Similarly, in special experiments with individual photons able to slow them down is quite impressive. But for the majority of cases, it will be a fair number of 300 000. We did not see and did not create anything that could move as fast or even faster. There are special moments, but before we touch them, let’s touch on another of our question. Why is it so important that the speed of light usually performed strictly?
The answer lies with a man named Albert Einstein, as often happens in physics. His special theory of relativity explores the many consequences of its universal speed limits. One of the most important elements of the theory is the idea that the speed of light is constant. No matter where you are and how fast moving, light always travels at the same speed.
But this implies a few conceptual problems.
Imagine a light that falls from the flashlight on the mirror on the ceiling of a stationary spacecraft. The light coming up, it is reflected from the mirror and falls on the floor of the spacecraft. For example, it overcomes a distance of 10 meters.

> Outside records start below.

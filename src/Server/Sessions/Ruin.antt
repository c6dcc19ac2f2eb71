-- ===== src/Server/Sessions/Ruin.antt =====
-- What `Reap` leaves of the world.
use deepspace_outpost_dx.Base.{
  ◌==◌, if◌then◌else◌, Bool-cases, eq_cases, lookup-erase, ℕ, ◌≡◌, refl, ap, subst, ◌∙◌, inl, inr,
  Bool, true, false, not, ◌&&◌, ◌||◌, List, [], ◌∷◌, arith,
}
use deepspace_outpost_dx.Ecs.Registry.{EntityId, same_id, Registry, is_valid}
use deepspace_outpost_dx.Ecs.Registry.Handles
use deepspace_outpost_dx.Ecs.Ownership.Laws.{owns, same_id_sym}
use deepspace_outpost_dx.Ecs.Ownership
use deepspace_outpost_dx.Ecs.Ownership.{Index, holds, owned, forget}
use deepspace_outpost_dx.Server.Sessions.{Session, Sessions}
use deepspace_outpost_dx.Server.Sessions.Reap.{
  destroy_one, destroy_each, is_idle, expire, reap_each, reap,
}
use deepspace_outpost_dx.Server.Sessions.Sweep.{reap_each_idle, reap_each_busy}

-- An entity is a session's: its own, or one that its player has.
abbrev pub claims : EntityId → Ownership.Index → Session → Bool
claims d own s = same_id d s.entity || (not (s.player_id == 0) && owns s.player_id d own)

-- One of the sessions that are idle claims the entity.
abbrev pub is_doomed : ℕ → ℕ → ℕ → EntityId → Ownership.Index → List (ℕ × Session) → Bool
is_doomed tick shell grace d own [] = false
is_doomed tick shell grace d own ((k, s) ∷ es) =
    (is_idle tick shell grace s && claims d own s) || is_doomed tick shell grace d own es

owned-forget :
    (p q : ℕ) (m : Ownership.Index) → owned q (forget p m) ≡ (if p == q then [] else owned q m)
unfolding owned forget
owned-forget p q m = ground (arith, lookup-erase p q m)

module _ {A : Type 0} where
  valid_same : (d e : EntityId) (w : Registry A) → same_id d e ≡ true → is_valid d w ≡ is_valid e w
  unfolding is_valid same_id
  valid_same d e w h = ground arith

  destroy_one_valid :
      (d e : EntityId) (r : List ℕ × Registry A)
      → Handles.IsSound r.1
      → (is_valid d (destroy_one e r).1 ≡ (is_valid d r.1 && not (same_id d e)))
        × Handles.IsSound (destroy_one e r).1
  unfolding destroy_one
  destroy_one_valid d e r s = elim (Bool-cases (is_valid e r.1)) [
    | inl good ↦
        rw (good, destroy_one) (Handles.is_valid-destroy d e r.1 s, Handles.destroy-IsSound e r.1 s)
    | inr bad ↦ rw (bad, destroy_one) (ground (arith, bad, valid_same d e r.1), s)
  ]

  destroy_each_valid :
      (d : EntityId) (es : List EntityId) (r : List ℕ × Registry A)
      → Handles.IsSound r.1
      → (is_valid d (destroy_each es r).1 ≡ (is_valid d r.1 && not (holds d es)))
        × Handles.IsSound (destroy_each es r).1
  unfolding destroy_each holds
  destroy_each_valid d [] r s = (ground arith, s)
  destroy_each_valid d (e ∷ es) r s =
      let (one, sound) = destroy_one_valid d e r s in
      let (each, sound') = destroy_each_valid d es (destroy_one e r) sound in
      (ground (arith, one, each, same_id_sym d e), sound')

  expire_valid :
      (d : EntityId) (k : ℕ) (s : Session) (r : List ℕ × Registry A × Sessions)
      → Handles.IsSound r.1
      → (is_valid d (expire k s r).1 ≡ (is_valid d r.1 && not (claims d r.2.ownership s)))
        × Handles.IsSound (expire k s r).1
  unfolding expire
  expire_valid d k s r sound = elim (Bool-cases (s.player_id == 0)) [
    | inl nobody ↦
        let (last, kept) = destroy_one_valid d s.entity (r.0, r.1) sound in
        rw (nobody, expire) (unfold destroy_each in (ground (arith, last), kept))
    | inr player ↦
        let (each, sound') =
          destroy_each_valid d (owned s.player_id r.2.ownership) (r.0, r.1) sound in
        let (last, kept) =
          destroy_one_valid d s.entity (destroy_each (owned s.player_id r.2.ownership) (r.0, r.1))
            sound' in
        rw (player, expire) (ground (arith, last, each), kept)
  ]

  owns-expire :
      (d : EntityId) (p k : ℕ) (s : Session) (r : List ℕ × Registry A × Sessions)
      → owns p d (expire k s r).2.ownership
        ≡ (owns p d r.2.ownership && (s.player_id == 0 || not (s.player_id == p)))
  unfolding expire
  owns-expire d p k s r = elim (Bool-cases (s.player_id == 0)) [
    | inl nobody ↦ rw (nobody, expire) (ground arith)
    | inr player ↦
        rw (player, expire)
          (rw (owned-forget s.player_id p r.2.ownership) (unfold holds in ground arith))
  ]

  -- Among the entities that are good, an index with owners forgotten still tells what a whole one does.
  abbrev Tells : EntityId → Registry A → Ownership.Index → Ownership.Index → Type 0
  Tells d w own now = (p : ℕ) → (is_valid d w && owns p d now) ≡ (is_valid d w && owns p d own)

  reap_each_valid :
      (tick shell grace : ℕ) (d : EntityId) (own : Ownership.Index) (es : List (ℕ × Session))
      (r : List ℕ × Registry A × Sessions)
      → Handles.IsSound r.1
      → Tells d r.1 own r.2.ownership
      → is_valid d (reap_each tick shell grace es r).1
        ≡ (is_valid d r.1 && not (is_doomed tick shell grace d own es))
  reap_each_valid tick shell grace d own [] r sound tells = unfold reap_each in ground arith
  reap_each_valid tick shell grace d own ((k, s) ∷ es) r sound tells =
      elim (Bool-cases (is_idle tick shell grace s)) [
        | inl idle ↦
            let (here, sound') = expire_valid d k s r sound in
            let t = tells s.player_id in
            let tells' : Tells d (expire k s r).1 own (expire k s r).2.ownership = (λ p.
              elim (eq_cases s.player_id p) [
                | inl same ↦
                    subst
                      (λ (q : ℕ).
                        (is_valid d (expire k s r).1 && owns q d (expire k s r).2.ownership)
                        ≡ (is_valid d (expire k s r).1 && owns q d own))
                      same (ground (arith, owns-expire d s.player_id k s r, t, here))
                | inr other ↦ ground (arith, owns-expire d p k s r, tells p, here)
              ]) in
            ap (λ (x : List ℕ × Registry A × Sessions). is_valid d x.1)
              (reap_each_idle tick shell grace k s es r idle)
            ∙ ground (
              arith,
              idle,
              here,
              t,
              reap_each_valid tick shell grace d own es (expire k s r) sound' tells',
            )
        | inr busy ↦
            ap (λ (x : List ℕ × Registry A × Sessions). is_valid d x.1)
              (reap_each_busy tick shell grace k s es r busy)
            ∙ ground (arith, busy, reap_each_valid tick shell grace d own es r sound tells)
      ]

  -- In a sound world, a reap destroys every entity that an idle session claims, as its own or as
  -- one of its player's, and no other: the handles that were good and that no idle session claims
  -- stay good, and there are no new ones.
  pub is_valid-reap :
      (tick shell grace : ℕ) (d : EntityId) (world : Registry A) (st : Sessions)
      → Handles.IsSound world
      → is_valid d (reap tick shell grace world st).1
        ≡ (is_valid d world && not (is_doomed tick shell grace d st.ownership st.table.sessions))
  unfolding reap
  is_valid-reap tick shell grace d world st sound =
      reap_each_valid tick shell grace d st.ownership st.table.sessions ([], world, st) sound
        (λ p. refl)
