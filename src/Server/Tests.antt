-- ===== src/Server/Tests.antt =====
-- A player who is let in, heard, moved and reaped.
use deepspace_outpost_dx.Base.Int.{pos}
use deepspace_outpost_dx.Base.{
  if◌then◌else◌, length, lookup, insert, ℕ, ◌≤◌, ◌<◌, ◌≡◌, refl, true, false, not, ◌&&◌, none, some,
  List, [], ◌∷◌, arith,
}
use deepspace_outpost_dx.Endpoint.{peek_reliable_token}
use deepspace_outpost_dx.Ecs.Registry.{Registry, empty_registry, create, is_valid, add}
use deepspace_outpost_dx.Ecs.Registry.Handles
use deepspace_outpost_dx.Ecs.Registry
use deepspace_outpost_dx.Wire.{read_u8, read_u16, read_u32, read_u64}
use deepspace_outpost_dx.Server.{NetEndpoint, endpoint_key}
use deepspace_outpost_dx.Server.Table.{session_or, put_session, grant}
use deepspace_outpost_dx.Server.Table.Laws.{held}
use deepspace_outpost_dx.Server.Limit.{new_rate, passed, passed-bounded}
use deepspace_outpost_dx.Server.Sessions.{
  unauth_limits, Session, new_session, is_live, Sessions, no_sessions, moved, authenticate, at_key,
  InputCommand, on_input, on_reliable,
}
use deepspace_outpost_dx.Server.Sessions.Name.{is_taken, unique_name, spawn_name}
use deepspace_outpost_dx.Server.Sessions.Hello.{
  HelloOutcome, ClientHello, tell, next_token, Ship, add_all, spawn_player, accept, on_hello,
}
use deepspace_outpost_dx.Server.Sessions.Reap.{reap}
use deepspace_outpost_dx.Server.Sessions.Good.{token_of, IsGood}
use deepspace_outpost_dx.Server.Sessions.Spawn.{IsFresh, HasRoom}
use deepspace_outpost_dx.Server.Sessions.Reachable.{
  a_hello, Reachable, start, next, Reachable-IsGood,
}
use deepspace_outpost_dx.Server.Sessions.Safety.{on_input_others, on_reliable_others}
use deepspace_outpost_dx.Server.Sessions.Rebind.{authenticate_moves, accept_known}
use deepspace_outpost_dx.Server.Sessions.Sweep.{idle_one, reap-lookup}
use deepspace_outpost_dx.Server.Sessions.Ruin.{is_doomed, is_valid-reap}
use deepspace_outpost_dx.Server.Sessions.Budget.{spent, applied, applied-bounded}
use deepspace_outpost_dx.Server.Sessions.Fresh.{unique_name-free}
use deepspace_outpost_dx.Server.Sessions.Galaxy.{Entry}

abbrev home : NetEndpoint
home = record { address = 1; port = 5 }

abbrev away : NetEndpoint
away = record { address = 2; port = 6 }

-- A ship of numbers, with nothing fitted.
abbrev raft : Ship ℕ
raft = record {
  owner_type = 0;
  owner = λ p. p;
  transform_type = 1;
  transform = λ x y z. 0;
  outfit = [];
}

abbrev void : Registry ℕ
void = empty_registry

abbrev greeting : ClientHello
greeting = record { version = 4; commander_name = 0x41 ∷ 0x6C ∷ [] }

void-HasRoom : HasRoom void
void-HasRoom = record {
  sound = record { paired = refl; small = omega arith; free_slots = tt };
  room = omega arith;
}

fresh : IsFresh 77 no_sessions
fresh = record {
  real = unfold next_token in (λ e. omega (arith, e));
  unused = unfold next_token lookup in refl;
}

abbrev met : HelloOutcome × Sessions × Registry ℕ
met = on_hello raft home greeting 10 false 77 no_sessions void

met_reached : Reachable raft false met.1
met_reached = next no_sessions met.1 start (a_hello void home greeting 10 77 fresh void-HasRoom)

Reachable-IsGood_example : IsGood met.1
Reachable-IsGood_example = Reachable-IsGood raft false met.1 met_reached

abbrev player : Session
player = at_key 65541 met.1

-- A datagram on the Control lane with the token 9, that nobody has.
abbrev forged : List ℕ
forged = 0x42 ∷ 0x4C ∷ 0x52 ∷ 0x4E ∷ 0 ∷ 9 ∷ 0 ∷ 0 ∷ 0 ∷ 0 ∷ 0 ∷ 0 ∷ 0 ∷ []

player_there : lookup 65541 met.1.table.sessions ≡ some player
player_there =
    unfold on_hello accept spawn_player next_token is_live session_or put_session grant endpoint_key
      lookup insert in
    refl

player_token : player.token ≡ 77
player_token =
    unfold on_hello accept spawn_player next_token is_live session_or put_session grant endpoint_key
      lookup insert tell in
    refl

player_live : is_live player ≡ true
player_live =
    unfold on_hello accept spawn_player next_token is_live session_or put_session grant endpoint_key
      lookup insert tell create in
    refl

forged_token : peek_reliable_token forged ≡ 9
forged_token = unfold peek_reliable_token read_u64 read_u32 read_u16 read_u8 in refl

afloat : Handles.IsSound met.2
afloat =
    unfold on_hello accept spawn_player next_token is_live session_or create add_all Registry.add
      lookup in
    record { paired = refl; small = omega arith; free_slots = tt }

on_reliable_others_example :
    lookup 65541 (on_reliable away forged 11 met.1).table.sessions ≡ some player
on_reliable_others_example =
    on_reliable_others away forged 11 65541 player met.1
      (Reachable-IsGood raft false met.1 met_reached) player_there player_live
      (λ e. omega (arith, e, player_token, forged_token))

on_input_others_example :
    lookup 65541
      (on_input void away 9
        (record { sequence = 3; ack_snapshot_tick = 0 })
        11
        met.1).1.table.sessions
    ≡ some player
on_input_others_example =
    on_input_others void away 9 (record { sequence = 3; ack_snapshot_tick = 0 }) 11 65541 player
      met.1 (Reachable-IsGood raft false met.1 met_reached) player_there
      (λ e. omega (arith, e, player_token))

authenticate_moves_example :
    ((authenticate away player.token 12 met.1).0 ≡ some (endpoint_key away))
    × (lookup (endpoint_key away) (authenticate away player.token 12 met.1).1.table.sessions
        ≡ some (moved away 12 player))
    × (lookup 65541 (authenticate away player.token 12 met.1).1.table.sessions ≡ none)
authenticate_moves_example =
    authenticate_moves away 12 65541 player met.1 (Reachable-IsGood raft false met.1 met_reached)
      player_there (λ e. omega (arith, e, player_token))
      (unfold on_hello accept spawn_player next_token is_live session_or put_session grant
          endpoint_key lookup insert in
        refl)

shell_held : held token_of (endpoint_key home) no_sessions.table.sessions ≡ 0
shell_held = unfold held lookup in refl

abbrev first_input : InputCommand
first_input = record { sequence = 1; ack_snapshot_tick = 0 }

accept_known_example :
    let (e, st', world') = accept raft (endpoint_key home) 77 [] new_session no_sessions void in
    let t = at_key (endpoint_key home) st' in
    let token = (next_token 77 no_sessions).0 in
    (is_valid e world' ≡ true)
    × (t.entity ≡ e)
    × (t.token ≡ token)
    × (t.player_id ≡ 1)
    × (t.name ≡ spawn_name [] e.index (endpoint_key home) [])
    × ((authenticate home token 11 st').0 ≡ some (endpoint_key home))
    × ((on_input world' home token first_input 11 st').0 ≡ e)
accept_known_example =
    accept_known raft home 77 [] new_session no_sessions void first_input 11
      (Reachable-IsGood raft false no_sessions start) fresh shell_held refl void-HasRoom
      (omega arith)

reap-lookup_example : lookup 65541 (reap 1000 5 600 void met.1).2.table.sessions ≡ (
    if idle_one 1000 5 600 (lookup 65541 met.1.table.sessions)
    then none
    else lookup 65541 met.1.table.sessions)
reap-lookup_example =
    reap-lookup 1000 5 600 void met.1 65541 (Reachable-IsGood raft false met.1 met_reached)

is_valid-reap_example : is_valid player.entity (reap 1000 5 600 met.2 met.1).1 ≡ (
    is_valid player.entity met.2
    && not (is_doomed 1000 5 600 player.entity met.1.ownership met.1.table.sessions))
is_valid-reap_example = is_valid-reap 1000 5 600 player.entity met.2 met.1 afloat

abbrev inputs : List InputCommand
inputs =
    record { sequence = 1; ack_snapshot_tick = 0 }
    ∷ record { sequence = 2; ack_snapshot_tick = 1 }
    ∷ []

unspent : spent 11 (at_key 65541 met.1) ≤ 8
unspent =
    unfold on_hello accept spawn_player next_token is_live session_or put_session grant endpoint_key
      lookup insert tell in
    omega arith

alone : length met.1.table.sessions < 999
alone =
    unfold on_hello accept spawn_player next_token is_live session_or put_session grant endpoint_key
      lookup insert in
    omega arith

applied-bounded_example : applied met.2 65541 11 inputs met.1 ≤ 8
applied-bounded_example = applied-bounded met.2 65541 11 inputs met.1 unspent

unique_name-free_example :
    is_taken 0 met.1.table.sessions (unique_name (0x41 ∷ 0x6C ∷ []) 0 met.1.table.sessions) ≡ false
unique_name-free_example = unique_name-free (0x41 ∷ 0x6C ∷ []) 0 met.1.table.sessions alone

passed-bounded_example : passed unauth_limits (100 ∷ 101 ∷ 102 ∷ []) new_rate ≤ 120
passed-bounded_example =
    passed-bounded unauth_limits 100 (101 ∷ 102 ∷ []) new_rate
      (record { some_pass = omega arith; counted = omega arith; long_mute = omega arith })
      (omega arith) (omega arith)
      (
        ((omega arith, omega arith, omega arith), omega arith),
        ((((omega arith, omega arith, omega arith), omega arith), tt)),
      )

abbrev sol : Entry
sol = (7, (pos 0, (pos 0, (pos 0, (0x53 ∷ [], (1, (2, (3, (4, (5, tt))))))))))
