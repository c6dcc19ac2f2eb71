-- ===== src/Snapshot.antt =====
-- The replication of entity snapshots (NeuronCore/Quantization.h, Replication.h, SnapshotDelta.h,
-- SnapshotPacketizer.h and SnapshotStream.h).
pub mod Quantize
pub mod World
pub mod Delta
pub mod Packetizer
pub mod Stream
mod Tests
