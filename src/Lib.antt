-- ===== src/Lib.antt =====
-- Verification library of cluster-test/test-orchestrator, the Go program that runs test scenarios on a
-- cluster of ringpop nodes: it reads a file of scenarios, starts commands on the cluster, takes in
-- the stats that the nodes send, writes them to a file with a label line for each command, waits
-- until the cluster is stable again, and then measures the stats between two labels and checks the
-- result against an assertion.
--
-- The parts, each with the file or folder that models it (paths of the code are those of
-- cluster-test/test-orchestrator):
--  * test_yaml_parser.go: Yaml and Yaml/. `parse` and all functions below it, from a test file to
--    scenarios, those for a single measurement in Yaml/Measures. A function that panics returns
--    `panic` of an `Outcome`, `defer wrapPanicf` is `wrap_panic`, and the `recover` of `parse` is
--    `recovered` (Outcome). It calls the calculator for numbers and makes the commands, measurements
--    and assertions of the other parts.
--  * calc.go: Calc, Calc/Meaning. `Eval`, `eval` and `evalBin` over the nodes of go/ast.
--  * assertion.go: Assertion, Assertion/Range; the interface type `Value` of measurement.go: Value.
--  * command.go, scenario.go: Command, which also has the record of a measurement.
--  * section_scanner.go: Scanner has the interface `Scanner` as a record of its three methods over the
--    type of the scanner's state, and the two forms of `for s.Scan()` loops; Scanner/Section the
--    `SectionScanner`, itself such a record, around another scanner. Scanner/Lines is a scanner over
--    lines that are at hand, and Scanner/Loops says what a loop over a scanner does with its lines.
--  * udp_scanner.go: Scanner/Udp, one more `Scanner`, over a connection.
--  * stat_analysis.go: Analysis and Analysis/, with the expression for hosts in Analysis/Host and what
--    it uses of package time in Clock; Clock/Stamps has the times that the nodes print.
--    Analysis/Checksums/Hosts is on the host of a line, Analysis/Checksums/Cut on lines that are cut
--    short, and Analysis/Agreement on what each host reported last.
--  * measurement.go: Measurement and Measurement/: `Measure` wraps a section scanner around its
--    scanner and hands it to an analysis.
--  * stat_ingester.go: Ingester and Ingester/. `handleStat` and `IsClusterStable` hold the lock, so
--    each is one function of the ingester's state; Ingester/Wait has `WaitForStable` as steps
--    between which stats come in. Ingester/Reports reads single lines, Ingester/Stability
--    sequences of them, Ingester/Reordered is on their order, Ingester/Hosts on the names of hosts
--    in stats, Ingester/Fatal on the ends of the process, and Ingester/Datagrams has the ingester
--    behind a UDP scanner. Ingester/Session has stats and the labels of `InsertLabel` in any
--    order, each written by one call of the writer, and Ingester/Session/Measured what is measured
--    of the file that they make, the lines of which Ingester/Session/File reads as a
--    `bufio.Scanner` does. Ingester/Threads has the goroutines of the program as a relation between
--    states: a stat is handled in one step and written in another, and steps of the wait and labels
--    can come in between. Ingester/Threads/History is on all their runs, with the flag in
--    Ingester/Threads/Flag, Ingester/Threads/Returned on the end of a wait, Ingester/Threads/Serial
--    on these runs and those of Ingester/Wait, Ingester/Threads/Overtaken on one order of them, Ingester/Threads/Measured on the file that they make, and in Ingester/Threads/Fed and Served the
--    stats are the lines of a scanner.
--  * All of these together: Verdict and Verdict/Counts, a scenario from its stats to what its
--    assertions say, Verdict/Interleaved, the same of the goroutines, and Judged, a test file from its
--    text to its verdicts.
-- Common, Text (package strings), Float and Outcome are what these share; Tests has the theorems at
-- concrete inputs, and in Tests/Examples the examples of the Go tests with their outputs.
--
-- A Go string is a list of bytes; Go's int is an integer, with the bounds of int64 where the code
-- depends on them (`Atoi`, `Time.Sub`). A map is an association list in which a key stands once. A
-- loop over a scanner takes fuel, one unit for each call of `Scan`, and ends in `timeout` without; the
-- theorems on such loops take any fuel above the number of lines, and that is enough. All other loops
-- are by structural recursion.
--
-- Parameters, since their code is not in the repository: the operations of float64 with
-- `ParseFloat`, `parser.ParseExpr`, `time.ParseDuration`, `yaml.Unmarshal`, `regexp.MatchString` of a
-- pattern that the user writes, the writer of the stats file, and the connection of package net. What
-- a theorem asks of one of them stands among its hypotheses: that integers of 53 bits are exact as
-- float64, that a writer takes each line, which datagrams a connection receives.
--
-- Not modelled: the text of values that an error message prints with `%v`, the sleeping of
-- `WaitForStable`, the data races of the fields that it reads and writes without the lock beyond the
-- interleaving of its steps, a write to the file that is not one step, the JavaScript tests and tools
-- of the repository, its schemas and its documents.
pub mod Common
pub mod Text
pub mod Outcome
pub mod Float
pub mod Calc
pub mod Value
pub mod Assertion
pub mod Scanner
pub mod Clock
pub mod Analysis
pub mod Command
pub mod Measurement
pub mod Verdict
pub mod Judged
pub mod Ingester
pub mod Yaml
pub mod Tests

Now imagine that the spacecraft starts to move with the tremendous speed of thousands of kilometers per second. When you turn on a flashlight, light behaves as before: shines up, gets in the mirror and is reflected on the floor. But to do that, the light will have to overcome the diagonal distance, rather than vertical. In the end, the mirror is now moving rapidly along with the spacecraft.
Accordingly, the increased distance that overcomes the world. For example, at 5 meters. Leaves 15 meters in general, not 10.
In spite of this, although the distance increased, Einstein’s theory argued that the light will continue to move at the same speed. Since the rate – is distance divided by time, times the speed remains the same, and the distance increased, the time must also increase. Yes, the time has to stretch itself. Although it sounds strange, but it has been confirmed experimentally.
This phenomenon is called time dilation. Time moves more slowly for people who move into the fast moving vehicle, with respect to those who are immobile.
For example, time is 0.007 seconds slower for astronauts on the International Space Station, which is moving at a speed of 7.66 km / s relative to Earth, when compared with people on the planet. Even more interesting is the situation with the aforementioned particles like electrons that can move close to the speed of light. In the case of these particles, the degree of deceleration is enormous.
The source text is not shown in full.